- [TASK TO CARRY OUT] Every line of the entries below from the one containing "toy = record" to the one containing "src_list_folders = pure [];", both ends included, must be written out exactly. No other line belongs in the answer.
● ● ● ● ●
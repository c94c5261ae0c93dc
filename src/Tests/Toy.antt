-- ===== src/Tests/Toy.antt =====
-- A source with two messages, and a destination that keeps the keys of what is appended to it.
use mathlib.Core.Path.{subst}
use umleitung.Base.{
  ℕ, ◌≡◌, refl, Bool, true, false, ◌&&◌, none, List, [], ◌∷◌, All, leb, ◌==◌ as nat_eq, arith,
  if◌then◌else◌,
}
use umleitung.Base.Text.{Text, codes, contains, pos, eq_refl}
use umleitung.Base.Exec.{ok, pure}
use umleitung.Key.{MsgMeta, FullMessage, dedup_key}
use umleitung.State.Tables.{empty_db, has_row}
use umleitung.Env.{Env, Options, World}
use umleitung.Safety.{DestLaws, SourceLaws, Behind}

-- a hash with no collision: the text itself
abbrev pub hex : Text → Text
hex s = s

abbrev pub keep : {A : Type 0} → (A → Bool) → List A → List A
keep p [] = []
keep p (x ∷ xs) = if p x then x ∷ keep p xs else keep p xs

pub All-keep :
    {A : Type 0} (P : A → Type 0) (p : A → Bool) (xs : List A)
    → ((x : A) → p x ≡ true → P x)
    → All P (keep p xs)
All-keep P p [] h = tt
All-keep P p (x ∷ xs) h = go (p x) (h x) (All-keep P p xs h)
  where
    go :
        (b : Bool)
        → (b ≡ true → P x)
        → All P (keep p xs)
        → All P (if b then x ∷ keep p xs else keep p xs)
    go true f r = (f refl, r)
    go false f r = r

pub keep-All :
    {A : Type 0} (P : A → Type 0) (p : A → Bool) (xs : List A) → All P xs → All P (keep p xs)
keep-All P p [] h = tt
keep-All P p (x ∷ xs) h = go (p x) (keep-All P p xs h.1)
  where
    go : (b : Bool) → All P (keep p xs) → All P (if b then x ∷ keep p xs else keep p xs)
    go true r = (h.0, r)
    go false r = r

pub ok-injective : {A : Type 0} (a b : A) → ok a ≡ ok b → a ≡ b
ok-injective a b e = cc

-- the raw text is the Message-ID
abbrev pub message_one : FullMessage
message_one = record { uid = 1; raw = codes "one@x"; flags = []; internal_date = pos 10 }

abbrev pub message_two : FullMessage
message_two = record { uid = 2; raw = codes "two@x"; flags = []; internal_date = pos 20 }

abbrev pub meta_of : FullMessage → MsgMeta
meta_of m = record {
  uid = m.uid;
  message_id = m.raw;
  from = [];
  subject = [];
  internal_date = m.internal_date;
  size = 0;
  flags = m.flags;
}

abbrev pub content : FullMessage → Text
content m = dedup_key hex (meta_of m)

abbrev pub key_of : FullMessage → Text
key_of = content

abbrev pub key_at : Unit {0} → ℕ → Text
key_at s u = if nat_eq u 1 then content message_one else content message_two

abbrev metas : List MsgMeta
metas = meta_of message_one ∷ meta_of message_two ∷ []

abbrev in_range : ℕ → ℕ → MsgMeta → Bool
in_range a b m = leb a m.uid && leb m.uid b

-- the destination lists those of the two messages that it has
abbrev listed_in : List Text → MsgMeta → Bool
listed_in s m = contains s (dedup_key hex m)

abbrev wanted : List ℕ → FullMessage → Bool
wanted [] m = false
wanted (u ∷ us) m = if nat_eq u m.uid then true else wanted us m

abbrev pub toy : Env
toy = record {
  Src = Unit {0};
  Dst = List Text;
  Ticket = FullMessage;
  names = record { excluded_attrs = []; flag_seen = codes "\\Seen" };
  hex_sha256 = hex;
  faults = λ n. false;
  done = λ n. false;
  now = λ n. n;
  src_select_folder = pure (record { uid_validity = 7; uid_next = 3; num_messages = 2 });
  src_select_named_folder = λ f. pure (record { uid_validity = 7; uid_next = 3; num_messages = 2 });
  src_list_folders = pure [];
  src_search_all_uids = pure (1 ∷ 2 ∷ []);
  src_fetch_meta_range = λ a b. pure (keep (in_range a b) metas);
  src_fetch_full_stream = λ us s. ((keep (wanted us) (message_one ∷ message_two ∷ []), none), s);
  dst_select_named_folder = λ f. pure (record { uid_validity = 9; uid_next = 3; num_messages = 2 });
  dst_fetch_meta_range = λ a b s. (ok (keep (listed_in s) metas), s);
  dst_search_message_ids_in = λ f ids s. (ok (keep (contains s) ids), s);
  dst_append_to = λ f m flags s. (ok tt, content m ∷ s);
  dst_begin_append = λ f m flags. pure m;
  dst_wait = λ m s. (ok tt, content m ∷ s);
  dst_move_message_id = λ f g id. pure true;
  dst_move_uids = λ f us g. pure tt;
  dst_store_keyword_by_message_id = λ f id add kw. pure true;
  dst_store_keywords_uids = λ us kws. pure tt;
}

abbrev pub Holds : Text → List Text → Type 0
Holds k s = contains s k ≡ true

pub Holds-more : (x k : Text) (s : List Text) → Holds k s → Holds k (x ∷ s)
Holds-more x k s h = ground arith

pub Holds-first : (k : Text) (s : List Text) → Holds k (k ∷ s)
Holds-first k s = rw (eq_refl k)

begun_key : (m t : FullMessage) → ok m ≡ ok t → key_of t ≡ content m
begun_key m t e = subst (λ (x : FullMessage). key_of x ≡ content m) (ok-injective m t e) refl

pub toy-DestLaws : DestLaws toy Holds content key_of
toy-DestLaws = record {
  select_keeps = λ f k s h. h;
  fetch_keeps = λ a b k s h. h;
  search_keeps = λ f ids k s h. h;
  append_keeps = λ f m flags k s. Holds-more (content m) k s;
  begin_keeps = λ f m flags k s h. h;
  wait_keeps = λ t k s. Holds-more (content t) k s;
  move_keeps = λ f g id k s h. h;
  move_uids_keeps = λ f us g k s h. h;
  keyword_keeps = λ f id add kw k s h. h;
  keywords_keeps = λ us kws k s h. h;
  begun = λ f m flags s t e. begun_key m t e;
  confirmed = λ t s e. Holds-first (content t) s;
  appended = λ f m flags s e. Holds-first (content m) s;
  found = λ f ids s ks e.
      subst (All (λ k. Holds k s)) (ok-injective _ _ e)
        (All-keep (λ k. Holds k s) (contains s) ids (λ k h. h));
  listed = λ a b s ms e.
      subst (All (λ m. Holds (dedup_key hex m) s)) (ok-injective _ _ e)
        (All-keep _ (listed_in s) metas (λ m h. h));
}

abbrev IsAt : Unit {0} → MsgMeta → Type 0
IsAt s m = dedup_key hex m ≡ key_at s m.uid

pub toy-SourceLaws : SourceLaws toy key_at content
toy-SourceLaws = record {
  fetched = λ a b s ms e.
      subst (All (IsAt s)) (ok-injective _ _ e)
        (keep-All (IsAt s) (in_range a b) metas (refl, (refl, tt)));
  streamed = λ us s.
      keep-All (λ (m : FullMessage). content m ≡ key_at s m.uid) (wanted us)
        (message_one ∷ message_two ∷ []) (refl, (refl, tt));
}

abbrev pub options : Options
options = record {
  uid_batch = pos 2;
  dest_guard = true;
  carry_seen = false;
  sync_labels = false;
  source_folder = codes "All";
  label_exclude = [];
  dest_folder = codes "INBOX";
  archive_routing = true;
  source_inbox = codes "Inbox";
  archive_folder = codes "Archive";
  sent_routing = false;
  sent_src_folder = codes "Sent";
  sent_folder = codes "Sent";
  label_propagate = false;
  keyword_prefix = codes "L-";
  keyword_replacement = codes "_";
}

-- the first message has been copied, the second has not
abbrev pub start : World toy
start = record {
  conn = record {
    db = record empty_db {
      copied = record { key = content message_one; uid = 1; copied_at = 0 } ∷ [];
    };
    calls = 0;
  };
  src = tt;
  dst = content message_one ∷ [];
  sum = record {
    uid_validity_changed = false;
    candidates = 0;
    copied = 0;
    skipped_dup = 0;
    moved_to_archive = 0;
    moved_to_inbox = 0;
    moved_to_sent = 0;
    keywords_set = 0;
    keywords_updated = 0;
  };
  polls = 0;
}

pub start-Behind : Behind {E = toy} Holds start
unfolding has_row
start-Behind k e = ground arith
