-- ===== src/Tests.antt =====
-- A small mailbox on two servers in memory, and each property that has conditions applied to it.
pub mod Toy
mod ToyWire
mod Clients
mod ToyConfig
mod Settings
mod Searches
mod Repeats
mod Files
mod Folders
mod Misplaced
mod Listings
mod Starts
mod Stores
mod Channels
use umleitung.Base.{
  ℕ, ◌+◌, ◌-◌, ◌≡◌, refl, Bool, true, false, not, ◌&&◌, List, [], ◌∷◌, ◌<◌, All, arith, map,
  if◌then◌else◌, leb, ◌^◌, ◌≤◌,
}
use umleitung.Base.Text.{Text, codes, contains, trim_space, has_prefix, ◌==◌, pos}
use umleitung.Base.Exec.{Result, ok, err, diverged, Exec, pure, each}
use umleitung.Base.Hoare.{After}
use umleitung.Key.{MsgMeta, dedup_key, is_real_message_id, synth_prefix, synth_input}
use umleitung.Key.Laws.{SameFields, dedup_key-SameFields, is_real_message_id-dedup_key}
use umleitung.State.Tables.{Db, MemberChangeItem, has_row, is_member, empty_db, insert_copied}
use umleitung.State.Store.{Conn, last_uid, set_last_uid, exec_batch, member_change_batch}
use umleitung.State.Atomic.{
  change_row, apply_all, WholeOrNothing, member_change_batch-WholeOrNothing,
}
use umleitung.State.Rows.{is_member-change_row, last_uid-set_last_uid}
use umleitung.Env.{World, check_ctx}
use umleitung.Labels.{keyword_for, replacement, label_keyword, label_keywords}
use umleitung.Labels.Laws.{is_slug_char, Distinct, keyword_for-is_slug_char, label_keywords_lem}
use umleitung.Routing.{dest_folder_for, dest_bucket_folders}
use umleitung.Routing.Laws.{home, dest_folder_for-home, dest_folder_for-IsBucket}
use umleitung.Windows.{scan_window, scan_loop, scan_windows, batch_of}
use umleitung.Windows.Tiling.{range, starts, asked, scan_windows_tiling, scan_loop-diverged}
use umleitung.Mirror.Pipeline.{CopyItem}
use umleitung.Propagate.{apply_page, propagate, propagate_loop}
use umleitung.Propagate.Drains.{propagate_lem}
use umleitung.Propagate.Pages.{without, IsTruthful, apply_page-IsTruthful}
use umleitung.Backfill.{maybe_backfill}
use umleitung.Backfill.Mark.{backfilled, maybe_backfill_lem}
use umleitung.Runtime.{seed_empty}
use umleitung.Runtime.Laws.{waited, capped, doubled, streak, waited_lem}
use umleitung.Safety.History.{Act, seed, pass, history, history-Behind}
use umleitung.Mirror.{classify}
use umleitung.Mirror.Rest.{rest_of}
use umleitung.Reconcile.{mirror_step}
use umleitung.Reconcile.Mark.{marked, mirror_step_lem}
use umleitung.Mirror.Dedup.{IsFresh, IsCovered, classify-IsFresh}
use umleitung.Reconcile.{run, seed_from_dest}
use umleitung.Safety.{Behind}
use umleitung.Safety.Pass.{run-Behind, seed_from_dest-Behind}
use umleitung.Tests.Toy.{
  hex, message_one, message_two, meta_of, content, key_of, key_at, toy, options, Holds,
  toy-DestLaws, toy-SourceLaws, start, start-Behind,
}

run-Behind_example : Behind {E = toy} Holds (run toy options start).1
run-Behind_example =
    run-Behind toy options Holds content key_of toy-DestLaws key_at toy-SourceLaws start
      start-Behind

seed_from_dest-Behind_example : Behind {E = toy} Holds (seed_from_dest toy options start).1
seed_from_dest-Behind_example =
    seed_from_dest-Behind toy options Holds content key_of toy-DestLaws start start-Behind

abbrev fetch_none : ℕ → ℕ → Exec (Unit {0}) (List MsgMeta)
fetch_none a b = pure []

abbrev ignore : ℕ → List MsgMeta → Exec (Unit {0}) (Unit {0})
ignore stop ms = pure tt

options-batch : 0 < batch_of options
unfolding batch_of
options-batch = omega arith

options-fits : 4 + batch_of options ≤ 2 ^ 32
unfolding batch_of
options-fits = omega arith

scan_windows_tiling_example :
    (scan_windows (pure tt) options 1 4 fetch_none ignore
      ≡ each
          (starts (batch_of options) 4 5 1)
          (scan_window (pure tt) (batch_of options) 4 fetch_none ignore))
    × (asked (batch_of options) 4 (starts (batch_of options) 4 5 1) ≡ range 1 3)
scan_windows_tiling_example =
    scan_windows_tiling (pure tt) options 1 4 fetch_none ignore options-batch options-fits

window-fine : (s : Unit {0}) → (scan_window (pure tt) 0 4 fetch_none ignore 1 s).0 ≡ ok tt
unfolding scan_window
window-fine s = refl

scan_loop-diverged_example : (scan_loop (pure tt) 0 4 fetch_none ignore 100 1 tt).0 ≡ err diverged
scan_loop-diverged_example =
    scan_loop-diverged (pure tt) 0 4 fetch_none ignore 1 refl (omega arith) (omega arith)
      window-fine 100 tt

abbrev new_label : MemberChangeItem
new_label = record { key = codes "one@x"; uid = 4; add = true; pending_kind = codes "label" }

abbrev left_label : MemberChangeItem
left_label = record { key = codes "two@x"; uid = 0; add = false; pending_kind = codes "" }

-- the third call of the database fails
abbrev third_fails : ℕ → Bool
third_fails n = if leb 2 n then leb n 2 else false

abbrev empty_conn : Conn
empty_conn = record { db = empty_db; calls = 0 }

member_change_batch-WholeOrNothing_example :
    WholeOrNothing
      (apply_all (map (change_row (codes "Work")) (new_label ∷ left_label ∷ [])))
      empty_db
      (member_change_batch third_fails (codes "Work") (new_label ∷ left_label ∷ []) empty_conn)
member_change_batch-WholeOrNothing_example =
    member_change_batch-WholeOrNothing third_fails (codes "Work") (new_label ∷ left_label ∷ [])
      empty_conn

last_uid-set_last_uid_example :
    (last_uid (λ n. false) (set_last_uid (λ n. false) 1207 empty_conn).1).0 ≡ ok 1207
last_uid-set_last_uid_example =
    last_uid-set_last_uid (λ n. false) 1207 empty_conn (omega arith) refl refl

dest_folder_for-home_example :
    (dest_folder_for toy options (codes "one@x") start).0
    ≡ ok (
        home options
          (is_member (codes "Inbox") (codes "one@x") [])
          (is_member (codes "Sent") (codes "one@x") []))
dest_folder_for-home_example = dest_folder_for-home toy options (codes "one@x") start (λ n. refl)

archived : (dest_folder_for toy options (codes "one@x") start).0 ≡ ok (codes "Archive")
unfolding home is_member
archived = dest_folder_for-home toy options (codes "one@x") start (λ n. refl)

-- a message with no Message-ID
abbrev nameless : MsgMeta
nameless = record (meta_of message_one) { message_id = codes " "; subject = codes "hello" }

-- the same message, moved to another UID
abbrev moved : MsgMeta
moved = record nameless { uid = 9 }

dedup_key-SameFields_example : SameFields nameless moved
unfolding trim_space dedup_key synth_input
dedup_key-SameFields_example = dedup_key-SameFields hex (λ s t e. e) nameless moved refl refl refl

abbrev two_labels : List Text
two_labels = codes "Work" ∷ codes "work" ∷ []

label_keywords_lem_example :
    Distinct (label_keywords options two_labels)
    × (contains (label_keywords options two_labels) (codes "L-work") ≡ (
        contains (map (label_keyword options) two_labels) (codes "L-work")
        && not (codes "L-work" == codes "")))
label_keywords_lem_example = label_keywords_lem options two_labels (codes "L-work")

-- the first message is recorded, and the second comes twice
abbrev window : List MsgMeta
window = meta_of message_one ∷ meta_of message_two ∷ meta_of message_two ∷ []

classify-IsFresh_example :
    After
      (λ pend v.
        (v.conn.db.copied ≡ start.conn.db.copied)
        × (IsFresh start.conn.db.copied [] pend
            × All
                (λ m. IsCovered start.conn.db.copied [] pend (dedup_key toy.hex_sha256 m))
                window))
      (λ v. v.conn.db.copied ≡ start.conn.db.copied)
      (classify toy options [] window start)
classify-IsFresh_example = classify-IsFresh toy options window start

-- the second message left the inbox after it was copied
abbrev queued : World toy
queued = record start {
  conn = record {
    db = record empty_db {
      pending =
          record {
            id = 1;
            kind = codes "move";
            message_id = codes "two@x";
            folder = codes "Inbox";
            op = codes "remove";
          }
          ∷ [];
      next_id = 2;
    };
    calls = 0;
  };
}

propagate_lem_example :
    After (λ u v. v.conn.db.pending ≡ []) (λ v. Unit) (propagate toy options queued)
    × ((n : ℕ) → 1 < n → propagate_loop toy options n queued ≡ propagate toy options queued)
propagate_lem_example = propagate_lem toy options queued

mirror_step_lem_example :
    After
      (λ u v. rest_of v.conn.db ≡ rest_of (marked 2 start.conn.db))
      (λ v. rest_of v.conn.db ≡ rest_of start.conn.db)
      (mirror_step toy options 2 window start)
mirror_step_lem_example = mirror_step_lem toy options 2 window start

maybe_backfill_lem_example :
    After
      (λ u v. v.conn.db ≡ backfilled options start.conn.db)
      (λ v. v.conn.db ≡ start.conn.db)
      (maybe_backfill toy options start)
maybe_backfill_lem_example = maybe_backfill_lem toy options start

-- nothing is recorded
abbrev fresh : World toy
fresh = record start { conn = empty_conn }

history-Behind_example :
    Behind {E = toy} Holds (history toy options (seed seed_empty ∷ pass ∷ pass ∷ []) fresh)
history-Behind_example =
    history-Behind toy options Holds content key_of toy-DestLaws key_at toy-SourceLaws
      (seed seed_empty ∷ pass ∷ pass ∷ []) fresh refl

-- a session of 1 s, a healthy one, and two of 1 s
waited_lem_example :
    waited (1000000000 ∷ 1000000000 ∷ 400000000000 ∷ 1000000000 ∷ [])
    ≡ capped (doubled (streak 1000000000 (1000000000 ∷ 400000000000 ∷ 1000000000 ∷ [])))
waited_lem_example = waited_lem 1000000000 (1000000000 ∷ 400000000000 ∷ 1000000000 ∷ [])

apply_page-IsTruthful_example :
    After
      (λ u v. v.conn.db ≡ without queued.conn.db.pending queued.conn.db)
      (IsTruthful toy options queued.conn.db.pending queued)
      (apply_page toy options queued.conn.db.pending queued)
apply_page-IsTruthful_example = apply_page-IsTruthful toy options queued.conn.db.pending queued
● ● ● ● ●
- [SOLUTION FOR THIS EXERCISE]
toy = record {
  Src = Unit {0};
  Dst = List Text;
  Ticket = FullMessage;
  names = record { excluded_attrs = []; flag_seen = codes "\\Seen" };
  hex_sha256 = hex;
  faults = λ n. false;
  done = λ n. false;
  now = λ n. n;
  src_select_folder = pure (record { uid_validity = 7; uid_next = 3; num_messages = 2 });
  src_select_named_folder = λ f. pure (record { uid_validity = 7; uid_next = 3; num_messages = 2 });
  src_list_folders = pure [];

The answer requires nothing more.